Segment Open

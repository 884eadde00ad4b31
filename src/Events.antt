-- ===== src/Events.antt =====
-- internal/events: events of files, uploads and jobs, sent to the subscribers of a user.
pub mod Maps
pub mod Broadcaster
pub mod Recent
pub mod Polling
pub mod Pollers
pub mod Delivery
mod Examples
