-- ===== src/Access/SessionHash.antt =====
-- `HandleSessionHashAuth` of internal/auth/auth.go.
use teldrive_easy.Prelude.{
  ℕ, ◌≡◌, ◌≢◌, refl, sym, ◌∙◌, Bool, true, false, ◌||◌, ==_false, ℕ_discrete,
}
use teldrive_easy.Access.Service.{Store, handle_session_hash_auth, is_not, refused, session_invalid}

is_not_ne : (a b : ℕ) → a ≢ b → is_not a b ≡ true
unfolding is_not
is_not_ne a b n = rw (==_false a b n) refl

or_true : (b : Bool) → (b || true) ≡ true
or_true true = refl
or_true false = refl

-- As two different operations have different names, a session's hash is never enough: the check
-- refuses it for every operation, the two that it is meant for included, and every session.
pub handle_session_hash_auth_refuses :
    (files_stream files_stream_head operation id : ℕ) (st : Store)
    → files_stream ≢ files_stream_head
    → handle_session_hash_auth files_stream files_stream_head operation id st
      ≡ (refused session_invalid, st)
unfolding handle_session_hash_auth
handle_session_hash_auth_refuses files_stream files_stream_head operation id st n =
    elim (ℕ_discrete operation files_stream) [
      | yes e ↦
          rw
            (
              is_not_ne operation files_stream_head (λ e'. n (sym e ∙ e')),
              or_true (is_not operation files_stream),
            )
            refl
      | no m ↦ rw (is_not_ne operation files_stream m) refl
    ]
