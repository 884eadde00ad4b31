-- ===== src/Access/Examples.antt =====
-- Runs of sessions and API keys.
use teldrive_easy.Prelude.{◌≡◌, ◌≢◌, refl, true, List, [], ◌∷◌, none, some, arith, false}
use teldrive_easy.Events
use teldrive_easy.Access
use teldrive_easy.Events.Maps.{lookup}
use teldrive_easy.Access.Tables.{ApiKey, Session}
use teldrive_easy.Access.Service.{
  AuthError, Claims, Cleared, Decoded, Store, Verified, clear_caches, end_session, revoke_session,
  handle_session_hash_auth, verify_api_key, verify_user,
}
use teldrive_easy.Access.Runs.{Step, empty_store, run}
use teldrive_easy.Access.Backed.{verify_user-run}
use teldrive_easy.Access.Ended.{run-end_session}
use teldrive_easy.Access.SessionHash.{handle_session_hash_auth_refuses}

abbrev session : Session
session = record {
  user_id = 7;
  tg_session = 70;
  refresh_token_hash = some 5;
  created_at = 1;
  revoked_at = none;
}

abbrev claims : Claims
claims = record { subject = 7; session_id = 0; tg_session = 70 }

abbrev both : Cleared
both = record { session = true; keys = true }

abbrev neither : Cleared
neither = record { session = false; keys = false }

-- A login, and a key that is good until the time 10, used at the time 5 and then cached.
abbrev steps : List Step
steps =
    Step.logs_in 0 session
    ∷ Step.creates_key 2 7 1 99 (some 10)
    ∷ Step.checks_key 5 99
    ∷ Step.writes_key 0 true
    ∷ []

-- The key is accepted at the time 20, as its entry in the cache is a day old only later.
expired_key_test : (verify_api_key 20 99 (run steps empty_store)).0 ≡ Verified.accepted claims
unfolding Access.Rows.set_row Access.Rows.update_row Access.Tables.is_null Access.Tables.is_value
    Access.Tables.if_active Access.Tables.get_by_id Access.Tables.by_date
    Access.Tables.get_by_user_id Access.Tables.revoked Access.Tables.revoke Access.Tables.is_live
    Access.Tables.get_active_by_token_hash Access.Tables.touched Access.Tables.touch_last_used
    Access.Service.fetched_session Access.Service.session_by_id Access.Service.with_session
    Access.Service.verify_user Access.Service.claims_of Access.Service.new_entry
    Access.Service.looked_up Access.Service.cached_or Access.Service.verify_api_key
    Access.Service.create_session Access.Service.revoke_session Access.Service.clear_caches
    Access.Service.end_session Access.Service.in_future Access.Service.drop_at
    Access.Service.landed_session Access.Service.write_session Access.Service.landed_key
    Access.Service.write_key Access.Service.stored_key Access.Service.users_create_api_key
    Access.Runs.kept Access.Runs.step Access.Runs.run Access.Runs.empty_store Events.Maps.lookup
    Events.Maps.put Events.Maps.delete
expired_key_test = refl

-- A check that read the session before it ended, and writes its cache entry after that: the token
-- passes from then on.
late_entry_test :
    (verify_user (Decoded.valid claims) (
      run (Step.writes_session 0 true ∷ []) (
        end_session 6 0 both (
          run
            (Step.logs_in 0 session ∷ Step.checks_user (Decoded.valid claims) ∷ [])
            empty_store)))).0
    ≡ Verified.accepted claims
unfolding Access.Rows.set_row Access.Rows.update_row Access.Tables.is_null Access.Tables.is_value
    Access.Tables.if_active Access.Tables.get_by_id Access.Tables.by_date
    Access.Tables.get_by_user_id Access.Tables.revoked Access.Tables.revoke Access.Tables.is_live
    Access.Tables.get_active_by_token_hash Access.Tables.touched Access.Tables.touch_last_used
    Access.Service.fetched_session Access.Service.session_by_id Access.Service.with_session
    Access.Service.verify_user Access.Service.claims_of Access.Service.new_entry
    Access.Service.looked_up Access.Service.cached_or Access.Service.verify_api_key
    Access.Service.create_session Access.Service.revoke_session Access.Service.clear_caches
    Access.Service.end_session Access.Service.in_future Access.Service.drop_at
    Access.Service.landed_session Access.Service.write_session Access.Service.landed_key
    Access.Service.write_key Access.Service.stored_key Access.Service.users_create_api_key
    Access.Runs.kept Access.Runs.step Access.Runs.run Access.Runs.empty_store Events.Maps.lookup
    Events.Maps.put Events.Maps.delete
late_entry_test = refl

-- A logout whose deletions of cache entries fail: the key of the session still passes.
not_cleared_test :
    (verify_api_key 20 99 (end_session 6 0 neither (run steps empty_store))).0
    ≡ Verified.accepted claims
unfolding Access.Rows.set_row Access.Rows.update_row Access.Tables.is_null Access.Tables.is_value
    Access.Tables.if_active Access.Tables.get_by_id Access.Tables.by_date
    Access.Tables.get_by_user_id Access.Tables.revoked Access.Tables.revoke Access.Tables.is_live
    Access.Tables.get_active_by_token_hash Access.Tables.touched Access.Tables.touch_last_used
    Access.Service.fetched_session Access.Service.session_by_id Access.Service.with_session
    Access.Service.verify_user Access.Service.claims_of Access.Service.new_entry
    Access.Service.looked_up Access.Service.cached_or Access.Service.verify_api_key
    Access.Service.create_session Access.Service.revoke_session Access.Service.clear_caches
    Access.Service.end_session Access.Service.in_future Access.Service.drop_at
    Access.Service.landed_session Access.Service.write_session Access.Service.landed_key
    Access.Service.write_key Access.Service.stored_key Access.Service.users_create_api_key
    Access.Runs.kept Access.Runs.step Access.Runs.run Access.Runs.empty_store Events.Maps.lookup
    Events.Maps.put Events.Maps.delete
not_cleared_test = refl

verify_user-run_example :
    (r : Session) × (lookup 0 (run (Step.logs_in 0 session ∷ []) empty_store).sessions ≡ some r)
    × (r.tg_session ≡ 70)
    × (lookup 0 (run (Step.logs_in 0 session ∷ []) empty_store).cached_sessions ≡ none
        → r.revoked_at ≡ none)
unfolding Access.Rows.set_row Access.Rows.update_row Access.Tables.is_null Access.Tables.is_value
    Access.Tables.if_active Access.Tables.get_by_id Access.Tables.by_date
    Access.Tables.get_by_user_id Access.Tables.revoked Access.Tables.revoke Access.Tables.is_live
    Access.Tables.get_active_by_token_hash Access.Tables.touched Access.Tables.touch_last_used
    Access.Service.fetched_session Access.Service.session_by_id Access.Service.with_session
    Access.Service.verify_user Access.Service.claims_of Access.Service.new_entry
    Access.Service.looked_up Access.Service.cached_or Access.Service.verify_api_key
    Access.Service.create_session Access.Service.revoke_session Access.Service.clear_caches
    Access.Service.end_session Access.Service.in_future Access.Service.drop_at
    Access.Service.landed_session Access.Service.write_session Access.Service.landed_key
    Access.Service.write_key Access.Service.stored_key Access.Service.users_create_api_key
    Access.Runs.kept Access.Runs.step Access.Runs.run Access.Runs.empty_store Events.Maps.lookup
    Events.Maps.put Events.Maps.delete
verify_user-run_example =
    verify_user-run (Step.logs_in 0 session ∷ []) (Decoded.valid claims) claims refl

run-end_session_example :
    ((verify_user (Decoded.valid claims) (
        run (Step.logs_in 0 session ∷ []) (
          clear_caches 0 both
            (run (Step.logs_in 1 session ∷ []) (revoke_session 6 0 (run steps empty_store)))))).0
      ≢ Verified.accepted claims)
    × ((verify_api_key 7 99 (
          run (Step.logs_in 0 session ∷ []) (
            clear_caches 0 both
              (run (Step.logs_in 1 session ∷ []) (revoke_session 6 0 (run steps empty_store)))))).0
        ≢ Verified.accepted claims)
unfolding Access.Rows.set_row Access.Rows.update_row Access.Tables.is_null Access.Tables.is_value
    Access.Tables.if_active Access.Tables.get_by_id Access.Tables.by_date
    Access.Tables.get_by_user_id Access.Tables.revoked Access.Tables.revoke Access.Tables.is_live
    Access.Tables.get_active_by_token_hash Access.Tables.touched Access.Tables.touch_last_used
    Access.Service.fetched_session Access.Service.session_by_id Access.Service.with_session
    Access.Service.verify_user Access.Service.claims_of Access.Service.new_entry
    Access.Service.looked_up Access.Service.cached_or Access.Service.verify_api_key
    Access.Service.create_session Access.Service.revoke_session Access.Service.clear_caches
    Access.Service.end_session Access.Service.in_future Access.Service.drop_at
    Access.Service.landed_session Access.Service.write_session Access.Service.landed_key
    Access.Service.write_key Access.Service.stored_key Access.Service.users_create_api_key
    Access.Runs.kept Access.Runs.step Access.Runs.run Access.Runs.empty_store Events.Maps.lookup
    Events.Maps.put Events.Maps.delete
run-end_session_example =
    run-end_session steps (Step.logs_in 1 session ∷ []) (Step.logs_in 0 session ∷ []) 6 0 session
      refl tt tt (Decoded.valid claims) 7 99 claims refl

handle_session_hash_auth_refuses_example :
    handle_session_hash_auth 3 4 3 0 (run steps empty_store)
    ≡ (Verified.refused AuthError.session_invalid, run steps empty_store)
handle_session_hash_auth_refuses_example =
    handle_session_hash_auth_refuses 3 4 3 0 (run steps empty_store) (λ e. omega (arith, e))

Segment Closed

**What to work on**
List the lines of the records where "refused" occurs.

**Output for this exercise**
use teldrive_easy.Access.Service.{Store, handle_session_hash_auth, is_not, refused, session_invalid}
      ≡ (refused session_invalid, st)
    ≡ (Verified.refused AuthError.session_invalid, run steps empty_store)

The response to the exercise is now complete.